つまらなくたっていい、何かが起きなくてもいい。主人公とヒロインだけの世界を迎えて、ただ結ばれればそれでいい。どうせ僕は彼女を愛してしまうのだから。一筋縄でいかない青春ソングもいいけど、ポール・トーマス・アンダーソンの映画みたいに、純粋に2人が抱きしめ合うエンドでいいじゃないか。

東京タワー

結成から活動休止までの約4年間の集大成ともいえる東京タワー。自分にとっては、N'夙川ボーイズの代表曲「 物語はちと?不安定」と並ぶ、男女ボーカルの名曲として挙げたい。10〜20代前半の青春時代を生き抜いた私たちは、その区切りを京都から遠く離れた東京タワーで迎える。

今夜東京タワーで 今夜東京タワーで
今夜東京タワーで 結末だけ無視しよう
今夜東京タワーで

加速するラブズ「東京タワー」

確かに活休という結末を迎えたラブズの3人は、それぞれの道を歩み始めた。しかし結成から10年近く経った今でも、私はラブズが詰め込んでくれた青春を大事に聴いている。過去を振り返って、あの時は良かったなという思いよりも、その思いをいつでも引き出せる手段をくれたこと、それを引き出してもなお、今現在の方がなんだか楽しく生きられているから、純粋に彼らの曲を聴けるのだと思う。そして、ライブを観ていた当時も今も、私にとってのギターヒーローは、フライングVを携えたカーミタカアキだ。
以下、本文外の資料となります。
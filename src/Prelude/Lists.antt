-- ===== src/Prelude/Lists.antt =====
-- Lists measured by native numbers, with Boolean searches that run in tests.
use Prim.Native.Nat.{ℕ, suc, ◌+◌, ◌≤◌}
use Prim.Native.String.{String}
use text.Mathlib.Text.{◌==◌}
use mathlib.Core.Path.{◌≡◌, refl, ap, sym, ◌∙◌}
use mathlib.Core.Bool.{Bool, true, false, ◌||◌, ◌&&◌}
use mathlib.Core.Option.{Option, none, some}
use mathlib.Core.List.{List, [], ◌∷◌, ◌++◌, map}
use native.Mathlib.Omega.{arith}
use mathlib.Core.Logic.{inl, inr, ◌⊎◌}
use perpetua_core.Prelude.Tests.{if◌then◌else◌, Bool-cases}

module _ {ℓ} {A : Type ℓ} where
  abbrev pub length : List A → ℕ
  length [] = 0
  length (x ∷ xs) = suc (length xs)

  -- `[x for x in xs if test(x)]`
  abbrev pub keep : (A → Bool) → List A → List A
  keep test [] = []
  keep test (x ∷ xs) = let rest = keep test xs in if test x then x ∷ rest else rest

  abbrev pub any : (A → Bool) → List A → Bool
  any test [] = false
  any test (x ∷ xs) = test x || any test xs

  abbrev pub head? : List A → Option A
  head? [] = none
  head? (x ∷ xs) = some x

  -- A predicate on every element, which computes to a tuple.
  abbrev pub All {κ} : (A → Type κ) → List A → Type κ
  All P [] = Unit
  All P (x ∷ xs) = P x × All P xs

  pub length-append : (xs ys : List A) → length (xs ++ ys) ≡ length xs + length ys
  length-append [] ys = omega arith
  length-append (x ∷ xs) ys = omega (arith, length-append xs ys)

  pub All-snoc {κ} :
      (P : A → Type κ) (last : A) (xs : List A) → P last → All P xs → All P (xs ++ last ∷ [])
  All-snoc P last [] h hs = (h, tt)
  All-snoc P last (x ∷ xs) h hs = (hs.0, All-snoc P last xs h hs.1)

pub length-map {ℓ κ} :
    {A : Type ℓ} {B : Type κ} (f : A → B) (xs : List A) → length (map f xs) ≡ length xs
length-map f [] = refl
length-map f (x ∷ xs) = ap suc (length-map f xs)

-- `name in names`
abbrev pub contains : String → List String → Bool
contains k [] = false
contains k (x ∷ xs) = x == k || contains k xs

-- Some of the elements, in their order.
pub data Subsequence {A : Type 0} : List A → List A → Type 0 where
  stop : Subsequence [] []
  skip : {x : A} {xs ys : List A} → Subsequence xs ys → Subsequence xs (x ∷ ys)
  take : {x : A} {xs ys : List A} → Subsequence xs ys → Subsequence (x ∷ xs) (x ∷ ys)

module _ {A : Type 0} where
  pub Subsequence-refl : (xs : List A) → Subsequence xs xs
  Subsequence-refl [] = Subsequence.stop
  Subsequence-refl (x ∷ xs) = Subsequence.take (Subsequence-refl xs)

  pub Subsequence-nil : (xs : List A) → Subsequence [] xs
  Subsequence-nil [] = Subsequence.stop
  Subsequence-nil (x ∷ xs) = Subsequence.skip (Subsequence-nil xs)

  pub Subsequence-length : {xs ys : List A} → Subsequence xs ys → length xs ≤ length ys
  Subsequence-length Subsequence.stop = omega arith
  Subsequence-length (Subsequence.skip s) = omega (arith, Subsequence-length s)
  Subsequence-length (Subsequence.take s) = omega (arith, Subsequence-length s)

  pub keep-Subsequence : (test : A → Bool) (xs : List A) → Subsequence (keep test xs) xs
  keep-Subsequence test [] = Subsequence.stop
  keep-Subsequence test (x ∷ xs) =
      let rest = keep-Subsequence test xs in
      elim (Bool-cases (test x)) [
        | inl e ↦ rw e (Subsequence.take rest)
        | inr e ↦ rw e (Subsequence.skip rest)
      ]

-- `for x in xs: if test(x): return x`
abbrev pub first {ℓ} : {A : Type ℓ} → (A → Bool) → List A → Option A
first test [] = none
first test (x ∷ xs) = let rest = first test xs in if test x then some x else rest

abbrev pub Member : {A : Type 0} → A → List A → Type 0
Member x [] = ⊥
Member x (y ∷ ys) = (y ≡ x) ⊎ Member x ys

module _ {A : Type 0} where
  -- A search finds an element that passes, or none does.
  pub first-cases :
      (test : A → Bool) (xs : List A)
      → (first test xs ≡ none) × All (λ x. test x ≡ false) xs
        ⊎ ((x : A) × (first test xs ≡ some x) × Member x xs × (test x ≡ true))
  first-cases test [] = inl (refl, tt)
  first-cases test (x ∷ xs) = elim (Bool-cases (test x)) [
    | inl e ↦ inr (x, rw e refl, inl refl, e)
    | inr e ↦ rw e (elim (first-cases test xs) [
      | inl (missing, fails) ↦ inl (missing, (refl, fails))
      | inr (y, found, member, passes) ↦ inr (y, found, inr member, passes)
    ])
  ]

  pub All-weaken {κ μ} :
      {P : A → Type κ} {Q : A → Type μ} (xs : List A) → ((x : A) → P x → Q x) → All P xs → All Q xs
  All-weaken [] h ps = tt
  All-weaken (x ∷ xs) h ps = (h x ps.0, All-weaken xs h ps.1)

  pub All-always {κ} : {P : A → Type κ} (xs : List A) → ((x : A) → P x) → All P xs
  All-always [] h = tt
  All-always (x ∷ xs) h = (h x, All-always xs h)

  pub All-both {κ μ} :
      (P : A → Type κ) (Q : A → Type μ) (xs : List A)
      → All P xs
      → All Q xs
      → All (λ x. P x × Q x) xs
  All-both P Q [] ps qs = tt
  All-both P Q (x ∷ xs) ps qs = ((ps.0, qs.0), All-both P Q xs ps.1 qs.1)

  pub All-keep :
      (test other : A → Bool) (xs : List A)
      → All (λ x. other x ≡ false) (keep test xs)
      → All (λ x. test x && other x ≡ false) xs
  All-keep test other [] h = tt
  All-keep test other (x ∷ xs) h = elim (Bool-cases (test x)) [
    | inl e ↦ let fails = rw e at h in (rw (e, fails.0) refl, All-keep test other xs fails.1)
    | inr e ↦ (rw e refl, All-keep test other xs (rw e at h))
  ]

  pub All-of_keep {κ} :
      (P : A → Type κ) (test : A → Bool) (xs : List A)
      → All P (keep test xs)
      → All (λ x. test x ≡ true → P x) xs
  All-of_keep P test [] h = tt
  All-of_keep P test (x ∷ xs) h = elim (Bool-cases (test x)) [
    | inl e ↦ let all = rw e at h in (λ k. all.0, All-of_keep P test xs all.1)
    | inr e ↦ (λ k. ground arith, All-of_keep P test xs (rw e at h))
  ]

  pub Member-keep :
      (test : A → Bool) (x : A) (xs : List A)
      → Member x (keep test xs)
      → Member x xs × (test x ≡ true)
  Member-keep test x [] h = absurd h
  Member-keep test x (y ∷ ys) h = elim (Bool-cases (test y)) [
    | inl e ↦ elim (rw e at h) [
      | inl p ↦ (inl p, ap test (sym p) ∙ e)
      | inr m ↦ let (member, passes) = Member-keep test x ys m in (inr member, passes)
    ]
    | inr e ↦ let (member, passes) = Member-keep test x ys (rw e at h) in (inr member, passes)
  ]
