-- ===== src/Prelude/Sort.antt =====
-- `sorted` on texts: a stable insertion sort by code points, and the facts the callers use.
use Prim.Native.String.{String, compare}
use text.Mathlib.Text.{◌==◌, is_le}
use mathlib.Core.Path.{◌≡◌, sym, ◌∙◌}
use mathlib.Core.Bool.{Bool, ◌||◌}
use mathlib.Core.List.{List, [], ◌∷◌, Perm}
use mathlib.Core.List.Perm
use native.Mathlib.Omega.{arith}
use perpetua_core.Prelude.Tests.{if◌then◌else◌, Bool-cases}
use perpetua_core.Prelude.Lists.{contains}
use mathlib.Core.Logic.{inl, inr}
use text.Mathlib.TextEquality.{eq_iff}

abbrev pub text_le : String → String → Bool
text_le s t = is_le (compare s t)

unfoldable pub insert_sorted : String → List String → List String
insert_sorted s [] = s ∷ []
insert_sorted s (t ∷ ts) =
    let rest = insert_sorted s ts in if text_le s t then s ∷ t ∷ ts else t ∷ rest

unfoldable pub sorted : List String → List String
unfolding insert_sorted
sorted [] = []
sorted (s ∷ ss) = insert_sorted s (sorted ss)

insert_sorted-perm : (s : String) (ts : List String) → Perm (insert_sorted s ts) (s ∷ ts)
unfolding insert_sorted
insert_sorted-perm s [] = Perm.refl _
insert_sorted-perm s (t ∷ ts) = ground (
  arith,
  Perm.trans (Perm.cons t (insert_sorted-perm s ts)) (Perm.swap s t ts),
  Perm.refl (s ∷ t ∷ ts),
)

-- Sorting rearranges: nothing is lost, repeated or added.
pub sorted-perm : (ss : List String) → Perm (sorted ss) ss
unfolding sorted
sorted-perm [] = Perm.refl []
sorted-perm (s ∷ ss) = Perm.trans (insert_sorted-perm s (sorted ss)) (Perm.cons s (sorted-perm ss))

pub contains-insert_sorted :
    (k s : String) (ts : List String) → contains k (insert_sorted s ts) ≡ (s == k || contains k ts)
unfolding insert_sorted
contains-insert_sorted k s [] = ground arith
contains-insert_sorted k s (t ∷ ts) = ground (arith, contains-insert_sorted k s ts)

pub contains-sorted : (k : String) (ss : List String) → contains k (sorted ss) ≡ contains k ss
unfolding sorted
contains-sorted k [] = ground arith
contains-sorted k (s ∷ ss) =
    ground (arith, contains-insert_sorted k s (sorted ss), contains-sorted k ss)

pub eq_sym : (s t : String) → (s == t) ≡ (t == s)
eq_sym s t = elim (Bool-cases (s == t)) [
  | inl e ↦ e ∙ sym ((eq_iff t s).1 (sym ((eq_iff s t).0 e)))
  | inr e ↦ elim (Bool-cases (t == s)) [
    | inl f ↦ (eq_iff s t).1 (sym ((eq_iff t s).0 f)) ∙ sym f
    | inr f ↦ e ∙ sym f
  ]
]
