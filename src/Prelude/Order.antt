-- ===== src/Prelude/Order.antt =====
-- Comparisons that answer in an `Ordering`, and the stable sort by one: Python's `sorted` by a key.
use Prim.Native.Nat.{Ordering, compare as compare_ℕ}
use Prim.Native.Char.{code}
use Prim.Native.String.compare
use Prim.Native.String.{String, compare, then as then_by}
use text.Mathlib.Text.{is_le}
use mathlib.Core.Path.{◌≡◌, refl, sym, ap, ◌∙◌, subst}
use mathlib.Core.Bool.{Bool, true, false, ◌||◌}
use mathlib.Core.Logic.{inl, inr}
use mathlib.Core.List.{List, [], ◌∷◌, Perm}
use mathlib.Core.List.Perm
use native.Mathlib.Omega.{arith}
use perpetua_core.Prelude.Tests.{if◌then◌else◌, Bool-cases}
use perpetua_core.Prelude.Lists.{All, any}

abbrev pub flip : Ordering → Ordering
flip Ordering.lt = Ordering.gt
flip Ordering.eq = Ordering.eq
flip Ordering.gt = Ordering.lt

-- Two comparisons of one pair agree.
abbrev pub IsDual {ℓ} : {A : Type ℓ} → (A → A → Ordering) → Type ℓ
IsDual {A} cmp = (a b : A) → cmp b a ≡ flip (cmp a b)

flipped : (o : Ordering) → is_le o ≡ false → is_le (flip o) ≡ true
flipped Ordering.gt e = refl
flipped Ordering.lt e = cc
flipped Ordering.eq e = cc

flip-then_by : (o p : Ordering) → then_by (flip o) (flip p) ≡ flip (then_by o p)
flip-then_by Ordering.lt p = refl
flip-then_by Ordering.eq p = refl
flip-then_by Ordering.gt p = refl

compare_ℕ-IsDual : IsDual compare_ℕ
compare_ℕ-IsDual m n = ground arith

-- Python compares texts by their code points.
pub compare_text-IsDual : IsDual compare
compare_text-IsDual String.[] String.[] = refl
compare_text-IsDual String.[] (String.◌∷◌ d t) =
    compare.cons-nil d t ∙ ap flip (sym (compare.nil-cons d t))
compare_text-IsDual (String.◌∷◌ c s) String.[] =
    compare.nil-cons c s ∙ ap flip (sym (compare.cons-nil c s))
compare_text-IsDual (String.◌∷◌ c s) (String.◌∷◌ d t) =
    compare.cons-cons d c t s
    ∙ rw (compare_ℕ-IsDual (code c) (code d), compare_text-IsDual s t)
        (flip-then_by (compare_ℕ (code c) (code d)) (compare s t))
    ∙ ap flip (sym (compare.cons-cons c d s t))

-- Python compares tuples and lists by their first different items, and then by length.
abbrev pub lex {ℓ} : {A : Type ℓ} → (A → A → Ordering) → List A → List A → Ordering
lex cmp [] [] = Ordering.eq
lex cmp [] (y ∷ ys) = Ordering.lt
lex cmp (x ∷ xs) [] = Ordering.gt
lex cmp (x ∷ xs) (y ∷ ys) = then_by (cmp x y) (lex cmp xs ys)

pub lex-IsDual {ℓ} : {A : Type ℓ} (cmp : A → A → Ordering) → IsDual cmp → IsDual (lex cmp)
lex-IsDual cmp dual [] [] = refl
lex-IsDual cmp dual [] (y ∷ ys) = refl
lex-IsDual cmp dual (x ∷ xs) [] = refl
lex-IsDual cmp dual (x ∷ xs) (y ∷ ys) =
    rw (dual x y, lex-IsDual cmp dual xs ys) (flip-then_by (cmp x y) (lex cmp xs ys))

-- The order of keys, on the elements that have them.
abbrev pub by_key {ℓ κ} :
    {A : Type ℓ} {K : Type κ} → (K → K → Ordering) → (A → K) → A → A → Ordering
by_key cmp key a b = cmp (key a) (key b)

module _ {A : Type 0} (cmp : A → A → Ordering) where
  unfoldable pub insert_by : A → List A → List A
  insert_by x [] = x ∷ []
  insert_by x (y ∷ ys) =
      let rest = insert_by x ys in if is_le (cmp x y) then x ∷ y ∷ ys else y ∷ rest

  -- `sorted(xs, key=...)`: elements with equal keys keep their order.
  unfoldable pub sort_by : List A → List A
  unfolding insert_by
  sort_by [] = []
  sort_by (x ∷ xs) = insert_by x (sort_by xs)

  insert_by-perm : (x : A) (ys : List A) → Perm (insert_by x ys) (x ∷ ys)
  unfolding insert_by
  insert_by-perm x [] = Perm.refl _
  insert_by-perm x (y ∷ ys) = ground (
    arith,
    Perm.trans (Perm.cons y (insert_by-perm x ys)) (Perm.swap x y ys),
    Perm.refl (x ∷ y ∷ ys),
  )

  pub sort_by-perm : (xs : List A) → Perm (sort_by xs) xs
  unfolding sort_by
  sort_by-perm [] = Perm.refl []
  sort_by-perm (x ∷ xs) = Perm.trans (insert_by-perm x (sort_by xs)) (Perm.cons x (sort_by-perm xs))

  -- Each element is at most the next.
  abbrev pub Heads : A → List A → Type 0
  Heads x [] = Unit
  Heads x (y ∷ ys) = is_le (cmp x y) ≡ true

  abbrev pub IsAscending : List A → Type 0
  IsAscending [] = Unit
  IsAscending (x ∷ xs) = Heads x xs × IsAscending xs

  insert_by-Heads :
      (x y : A) (ys : List A) → Heads y ys → is_le (cmp y x) ≡ true → Heads y (insert_by x ys)
  unfolding insert_by
  insert_by-Heads x y [] h e = e
  insert_by-Heads x y (z ∷ zs) h e = elim (Bool-cases (is_le (cmp x z))) [
    | inl f ↦ rw f e
    | inr f ↦ rw f h
  ]

  insert_by-IsAscending :
      IsDual cmp → (x : A) (ys : List A) → IsAscending ys → IsAscending (insert_by x ys)
  unfolding insert_by
  insert_by-IsAscending dual x [] h = (tt, tt)
  insert_by-IsAscending dual x (y ∷ ys) h = elim (Bool-cases (is_le (cmp x y))) [
    | inl f ↦ rw f (f, h)
    | inr f ↦ rw f (
      insert_by-Heads x y ys h.0 (rw (dual x y) (flipped (cmp x y) f)),
      insert_by-IsAscending dual x ys h.1,
    )
  ]

  pub sort_by-IsAscending : IsDual cmp → (xs : List A) → IsAscending (sort_by xs)
  unfolding sort_by
  sort_by-IsAscending dual [] = tt
  sort_by-IsAscending dual (x ∷ xs) =
      insert_by-IsAscending dual x (sort_by xs) (sort_by-IsAscending dual xs)

  insert_by-front : (x : A) (ys : List A) → Heads x ys → insert_by x ys ≡ x ∷ ys
  unfolding insert_by
  insert_by-front x [] h = refl
  insert_by-front x (y ∷ ys) h = rw h refl

  -- What is in order stays as it is.
  pub sort_by-of_IsAscending : (xs : List A) → IsAscending xs → sort_by xs ≡ xs
  unfolding sort_by
  sort_by-of_IsAscending [] h = refl
  sort_by-of_IsAscending (x ∷ xs) h = rw (sort_by-of_IsAscending xs h.1) (insert_by-front x xs h.0)

module _ {A : Type 0} (cmp : A → A → Ordering) where
  any-insert_by :
      (test : A → Bool) (x : A) (ys : List A)
      → any test (insert_by cmp x ys) ≡ (test x || any test ys)
  unfolding insert_by
  any-insert_by test x [] = refl
  any-insert_by test x (y ∷ ys) = ground (arith, any-insert_by test x ys)

  -- Sorting does not change what is there.
  pub any-sort_by : (test : A → Bool) (xs : List A) → any test (sort_by cmp xs) ≡ any test xs
  unfolding sort_by
  any-sort_by test [] = refl
  any-sort_by test (x ∷ xs) =
      any-insert_by test x (sort_by cmp xs) ∙ ap (λ b. test x || b) (any-sort_by test xs)

  insert_by-here :
      (x y : A) (ys : List A) → is_le (cmp x y) ≡ true → insert_by cmp x (y ∷ ys) ≡ x ∷ y ∷ ys
  unfolding insert_by
  insert_by-here x y ys e = rw e refl

  insert_by-later :
      (x y : A) (ys : List A)
      → is_le (cmp x y) ≡ false
      → insert_by cmp x (y ∷ ys) ≡ y ∷ insert_by cmp x ys
  unfolding insert_by
  insert_by-later x y ys e = rw e refl

  All-of_insert_by :
      (P : A → Type 0) (x : A) (ys : List A) → All P (insert_by cmp x ys) → P x × All P ys
  unfolding insert_by
  All-of_insert_by P x [] h = h
  All-of_insert_by P x (y ∷ ys) h = elim (Bool-cases (is_le (cmp x y))) [
    | inl e ↦ subst (All P) (insert_by-here x y ys e) h
    | inr e ↦
        let tail = subst (All P) (insert_by-later x y ys e) h in
        let rest = All-of_insert_by P x ys tail.1 in (rest.0, (tail.0, rest.1))
  ]

  pub All-of_sort_by : (P : A → Type 0) (xs : List A) → All P (sort_by cmp xs) → All P xs
  unfolding sort_by
  All-of_sort_by P [] h = tt
  All-of_sort_by P (x ∷ xs) h =
      let rest = All-of_insert_by P x (sort_by cmp xs) h in (rest.0, All-of_sort_by P xs rest.1)

  All-insert_by :
      (P : A → Type 0) (x : A) (ys : List A) → P x → All P ys → All P (insert_by cmp x ys)
  unfolding insert_by
  All-insert_by P x [] p ps = (p, tt)
  All-insert_by P x (y ∷ ys) p ps = elim (Bool-cases (is_le (cmp x y))) [
    | inl e ↦ subst (All P) (sym (insert_by-here x y ys e)) (p, ps)
    | inr e ↦ subst (All P) (sym (insert_by-later x y ys e)) (ps.0, All-insert_by P x ys p ps.1)
  ]

  pub All-sort_by : (P : A → Type 0) (xs : List A) → All P xs → All P (sort_by cmp xs)
  unfolding sort_by
  All-sort_by P [] ps = tt
  All-sort_by P (x ∷ xs) ps = All-insert_by P x (sort_by cmp xs) ps.0 (All-sort_by P xs ps.1)

  -- Sorting again changes nothing.
  pub sort_by-sort_by : IsDual cmp → (xs : List A) → sort_by cmp (sort_by cmp xs) ≡ sort_by cmp xs
  sort_by-sort_by dual xs =
      sort_by-of_IsAscending cmp (sort_by cmp xs) (sort_by-IsAscending cmp dual xs)

pub is_le-then_by : (o p : Ordering) → is_le (then_by o p) ≡ true → is_le o ≡ true
is_le-then_by Ordering.lt p h = refl
is_le-then_by Ordering.eq p h = refl
is_le-then_by Ordering.gt p h = h

-- What is in order by a finer comparison is in order.
pub IsAscending-coarser :
    {A : Type 0} (cmp other : A → A → Ordering)
    → ((a b : A) → is_le (cmp a b) ≡ true → is_le (other a b) ≡ true)
    → (xs : List A) → IsAscending cmp xs
    → IsAscending other xs
IsAscending-coarser cmp other le [] h = tt
IsAscending-coarser cmp other le (x ∷ []) h = (tt, tt)
IsAscending-coarser cmp other le (x ∷ y ∷ ys) h =
    (le x y h.0, IsAscending-coarser cmp other le (y ∷ ys) h.1)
2022年、彼らは5年ぶりに再結成。昨年には新曲をデジタルリリースし、不定期ではあるが活動を続けている。そして今月末、京都KBSホールでのフェス出演が決まっている。一度は止まってしまった青臭いの物語が、加速し始めた。

終わらない 終わらないストーリー
21世紀の向こうへ

加速するラブズ「東京タワー」


青春がやけに遠くなった日常。それでもまだストーリーは終わることなく、着々と21世紀の向こうへ進む。私たちのほとんどは迎えることができないけれど、京都からはるばるやってきた東京タワーのもとで、未来へ期待を寄せ続けている。向こうがこっちにやってきても、ラブズが残してゆく青春は輝きを放ったまま、ずっと聴かれるといいな。